··· MATERIAL PROVIDED

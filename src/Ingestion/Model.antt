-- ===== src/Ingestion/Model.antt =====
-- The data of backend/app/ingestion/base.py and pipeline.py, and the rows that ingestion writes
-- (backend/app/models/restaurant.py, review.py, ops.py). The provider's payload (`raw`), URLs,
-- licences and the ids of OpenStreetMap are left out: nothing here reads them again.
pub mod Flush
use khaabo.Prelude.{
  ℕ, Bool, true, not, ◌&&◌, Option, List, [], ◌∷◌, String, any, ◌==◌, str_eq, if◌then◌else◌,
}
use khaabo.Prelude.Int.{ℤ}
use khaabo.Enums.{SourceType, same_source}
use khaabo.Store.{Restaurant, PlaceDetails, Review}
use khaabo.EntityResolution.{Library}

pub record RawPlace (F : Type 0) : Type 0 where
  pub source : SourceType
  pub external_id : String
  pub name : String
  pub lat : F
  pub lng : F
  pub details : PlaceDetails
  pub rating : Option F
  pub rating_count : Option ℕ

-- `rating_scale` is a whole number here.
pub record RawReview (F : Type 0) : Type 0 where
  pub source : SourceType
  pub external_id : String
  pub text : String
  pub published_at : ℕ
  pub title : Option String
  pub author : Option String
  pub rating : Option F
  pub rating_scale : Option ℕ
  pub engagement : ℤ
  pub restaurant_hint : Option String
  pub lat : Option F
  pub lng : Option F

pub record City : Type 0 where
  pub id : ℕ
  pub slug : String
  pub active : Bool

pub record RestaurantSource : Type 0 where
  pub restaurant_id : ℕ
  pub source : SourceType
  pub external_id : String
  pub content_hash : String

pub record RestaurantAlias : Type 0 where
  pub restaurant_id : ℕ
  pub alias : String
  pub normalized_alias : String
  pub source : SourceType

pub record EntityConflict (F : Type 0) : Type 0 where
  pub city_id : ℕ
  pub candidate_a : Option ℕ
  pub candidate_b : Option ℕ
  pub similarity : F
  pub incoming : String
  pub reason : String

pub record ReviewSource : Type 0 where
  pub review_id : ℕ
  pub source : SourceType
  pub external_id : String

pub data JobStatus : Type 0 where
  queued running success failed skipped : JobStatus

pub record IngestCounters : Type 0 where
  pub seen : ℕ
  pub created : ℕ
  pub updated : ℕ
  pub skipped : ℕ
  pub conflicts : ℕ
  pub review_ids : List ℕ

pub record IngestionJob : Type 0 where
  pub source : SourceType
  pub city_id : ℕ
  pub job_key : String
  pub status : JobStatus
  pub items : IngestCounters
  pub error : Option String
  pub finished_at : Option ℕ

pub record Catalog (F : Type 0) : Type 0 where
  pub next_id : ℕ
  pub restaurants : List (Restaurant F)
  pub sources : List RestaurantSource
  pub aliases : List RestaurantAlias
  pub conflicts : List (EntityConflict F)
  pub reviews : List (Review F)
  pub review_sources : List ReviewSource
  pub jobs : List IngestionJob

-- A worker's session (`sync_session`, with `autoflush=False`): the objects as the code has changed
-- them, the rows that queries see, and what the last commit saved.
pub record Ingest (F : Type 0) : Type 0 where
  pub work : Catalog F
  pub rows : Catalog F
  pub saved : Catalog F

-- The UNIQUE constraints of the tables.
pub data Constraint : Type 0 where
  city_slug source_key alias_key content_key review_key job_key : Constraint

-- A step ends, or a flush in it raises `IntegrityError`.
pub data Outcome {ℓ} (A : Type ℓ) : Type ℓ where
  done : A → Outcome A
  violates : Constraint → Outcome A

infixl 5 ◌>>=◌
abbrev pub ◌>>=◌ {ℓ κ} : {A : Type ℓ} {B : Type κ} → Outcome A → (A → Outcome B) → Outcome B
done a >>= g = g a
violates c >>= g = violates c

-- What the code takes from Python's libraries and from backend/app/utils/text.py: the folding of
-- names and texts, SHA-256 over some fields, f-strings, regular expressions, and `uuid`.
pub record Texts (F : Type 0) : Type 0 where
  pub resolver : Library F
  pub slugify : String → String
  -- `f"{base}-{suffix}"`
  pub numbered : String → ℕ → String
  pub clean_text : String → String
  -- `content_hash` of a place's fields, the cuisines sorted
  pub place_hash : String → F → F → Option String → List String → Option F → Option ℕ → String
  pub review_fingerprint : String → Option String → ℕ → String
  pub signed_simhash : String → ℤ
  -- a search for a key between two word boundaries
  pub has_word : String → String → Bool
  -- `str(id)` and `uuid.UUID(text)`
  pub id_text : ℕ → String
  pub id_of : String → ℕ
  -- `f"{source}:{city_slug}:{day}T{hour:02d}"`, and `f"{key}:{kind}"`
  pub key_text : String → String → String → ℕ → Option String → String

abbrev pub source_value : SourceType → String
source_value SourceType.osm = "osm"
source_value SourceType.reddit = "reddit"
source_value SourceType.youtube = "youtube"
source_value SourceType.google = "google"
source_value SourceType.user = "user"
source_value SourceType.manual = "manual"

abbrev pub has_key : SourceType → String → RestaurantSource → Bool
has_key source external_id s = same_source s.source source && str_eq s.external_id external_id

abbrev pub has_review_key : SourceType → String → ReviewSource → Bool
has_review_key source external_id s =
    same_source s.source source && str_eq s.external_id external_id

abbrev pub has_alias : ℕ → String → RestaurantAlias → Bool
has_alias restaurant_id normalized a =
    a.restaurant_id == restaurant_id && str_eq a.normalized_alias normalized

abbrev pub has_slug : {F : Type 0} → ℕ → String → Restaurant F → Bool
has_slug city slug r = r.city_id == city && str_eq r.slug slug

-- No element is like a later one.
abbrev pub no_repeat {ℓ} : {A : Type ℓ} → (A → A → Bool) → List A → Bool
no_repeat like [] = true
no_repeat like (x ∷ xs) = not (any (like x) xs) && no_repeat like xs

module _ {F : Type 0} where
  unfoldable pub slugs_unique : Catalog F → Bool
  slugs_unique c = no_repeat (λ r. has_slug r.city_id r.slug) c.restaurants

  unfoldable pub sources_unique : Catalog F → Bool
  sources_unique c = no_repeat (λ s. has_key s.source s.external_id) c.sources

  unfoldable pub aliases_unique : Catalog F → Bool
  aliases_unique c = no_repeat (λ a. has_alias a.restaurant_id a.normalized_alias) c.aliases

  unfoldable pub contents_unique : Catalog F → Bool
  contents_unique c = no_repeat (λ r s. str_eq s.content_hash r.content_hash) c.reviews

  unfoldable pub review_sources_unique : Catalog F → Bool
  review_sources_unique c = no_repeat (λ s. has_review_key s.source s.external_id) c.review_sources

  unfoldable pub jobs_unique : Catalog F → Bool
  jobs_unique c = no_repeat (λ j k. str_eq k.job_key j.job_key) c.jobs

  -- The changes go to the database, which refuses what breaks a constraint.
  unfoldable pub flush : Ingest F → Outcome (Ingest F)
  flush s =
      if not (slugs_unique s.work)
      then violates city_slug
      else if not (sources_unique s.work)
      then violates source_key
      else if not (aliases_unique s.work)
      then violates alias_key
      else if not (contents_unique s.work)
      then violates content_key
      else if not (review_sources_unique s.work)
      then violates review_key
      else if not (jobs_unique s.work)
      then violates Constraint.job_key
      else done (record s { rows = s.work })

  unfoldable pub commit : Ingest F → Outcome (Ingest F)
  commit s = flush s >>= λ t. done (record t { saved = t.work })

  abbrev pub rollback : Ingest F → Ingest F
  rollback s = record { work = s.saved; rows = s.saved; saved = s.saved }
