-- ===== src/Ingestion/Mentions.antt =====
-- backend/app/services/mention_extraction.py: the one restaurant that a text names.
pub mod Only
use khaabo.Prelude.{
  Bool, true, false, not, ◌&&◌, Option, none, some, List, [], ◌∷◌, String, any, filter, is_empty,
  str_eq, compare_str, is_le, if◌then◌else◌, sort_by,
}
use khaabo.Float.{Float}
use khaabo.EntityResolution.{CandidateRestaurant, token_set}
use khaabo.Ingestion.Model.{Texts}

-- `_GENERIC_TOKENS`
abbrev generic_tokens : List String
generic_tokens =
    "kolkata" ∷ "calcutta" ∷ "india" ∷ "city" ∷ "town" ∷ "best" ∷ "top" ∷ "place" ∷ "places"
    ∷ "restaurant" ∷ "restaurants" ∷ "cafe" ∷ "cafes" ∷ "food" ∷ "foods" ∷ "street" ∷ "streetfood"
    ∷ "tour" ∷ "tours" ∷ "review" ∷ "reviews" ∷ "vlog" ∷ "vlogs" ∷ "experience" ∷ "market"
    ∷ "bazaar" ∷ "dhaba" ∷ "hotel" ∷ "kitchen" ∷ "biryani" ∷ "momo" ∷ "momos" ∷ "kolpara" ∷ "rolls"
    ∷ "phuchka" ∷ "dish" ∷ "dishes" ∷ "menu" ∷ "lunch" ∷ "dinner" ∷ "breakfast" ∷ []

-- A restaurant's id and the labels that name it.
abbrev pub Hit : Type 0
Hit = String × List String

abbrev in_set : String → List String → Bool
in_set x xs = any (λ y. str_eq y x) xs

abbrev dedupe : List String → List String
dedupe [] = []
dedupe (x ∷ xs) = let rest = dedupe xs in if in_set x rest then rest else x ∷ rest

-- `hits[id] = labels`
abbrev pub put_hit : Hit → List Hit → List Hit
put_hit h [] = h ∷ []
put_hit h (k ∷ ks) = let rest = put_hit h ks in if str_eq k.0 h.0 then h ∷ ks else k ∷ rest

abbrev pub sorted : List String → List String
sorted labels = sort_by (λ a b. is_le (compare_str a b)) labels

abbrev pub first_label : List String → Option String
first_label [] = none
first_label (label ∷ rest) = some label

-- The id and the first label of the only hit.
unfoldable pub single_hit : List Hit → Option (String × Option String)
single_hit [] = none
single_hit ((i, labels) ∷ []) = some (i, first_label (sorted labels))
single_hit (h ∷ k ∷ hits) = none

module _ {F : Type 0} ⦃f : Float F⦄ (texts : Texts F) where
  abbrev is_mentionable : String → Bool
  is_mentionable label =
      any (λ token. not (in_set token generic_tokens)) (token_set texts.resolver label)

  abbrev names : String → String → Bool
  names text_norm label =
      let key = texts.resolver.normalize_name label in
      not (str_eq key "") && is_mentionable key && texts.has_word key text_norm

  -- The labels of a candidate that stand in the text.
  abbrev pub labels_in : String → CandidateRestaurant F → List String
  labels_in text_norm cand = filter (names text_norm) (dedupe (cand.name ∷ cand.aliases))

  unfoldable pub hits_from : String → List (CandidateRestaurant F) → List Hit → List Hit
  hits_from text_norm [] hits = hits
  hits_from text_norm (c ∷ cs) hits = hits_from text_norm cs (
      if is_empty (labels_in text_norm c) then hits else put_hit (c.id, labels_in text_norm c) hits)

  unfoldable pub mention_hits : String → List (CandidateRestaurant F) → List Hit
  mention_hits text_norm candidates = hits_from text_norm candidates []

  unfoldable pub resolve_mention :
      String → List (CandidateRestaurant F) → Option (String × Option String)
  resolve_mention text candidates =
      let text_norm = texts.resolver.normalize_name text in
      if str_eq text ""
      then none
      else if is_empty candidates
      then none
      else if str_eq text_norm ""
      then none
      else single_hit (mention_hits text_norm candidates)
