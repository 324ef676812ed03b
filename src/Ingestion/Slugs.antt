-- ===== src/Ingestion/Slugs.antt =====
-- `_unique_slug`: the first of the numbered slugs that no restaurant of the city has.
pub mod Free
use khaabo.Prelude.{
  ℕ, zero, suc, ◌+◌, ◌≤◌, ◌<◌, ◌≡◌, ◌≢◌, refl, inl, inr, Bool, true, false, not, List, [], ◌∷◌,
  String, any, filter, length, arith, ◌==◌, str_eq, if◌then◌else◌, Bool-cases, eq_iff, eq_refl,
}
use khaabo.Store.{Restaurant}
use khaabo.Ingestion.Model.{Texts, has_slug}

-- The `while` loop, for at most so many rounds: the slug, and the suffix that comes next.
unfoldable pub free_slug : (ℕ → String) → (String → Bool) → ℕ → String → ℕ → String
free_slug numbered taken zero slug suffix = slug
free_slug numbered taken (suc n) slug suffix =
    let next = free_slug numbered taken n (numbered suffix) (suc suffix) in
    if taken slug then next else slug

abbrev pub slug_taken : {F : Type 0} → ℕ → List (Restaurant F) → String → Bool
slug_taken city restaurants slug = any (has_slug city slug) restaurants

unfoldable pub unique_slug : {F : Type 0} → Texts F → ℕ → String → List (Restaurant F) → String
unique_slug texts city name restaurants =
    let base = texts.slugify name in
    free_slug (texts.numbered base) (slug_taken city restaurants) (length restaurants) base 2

······

TASK REQUIREMENTS:
Only the lines containing the string "IngestionJob" are needed; pull them out of the records.

ANSWER FOR THE TASK:
pub record IngestionJob : Type 0 where
  pub jobs : List IngestionJob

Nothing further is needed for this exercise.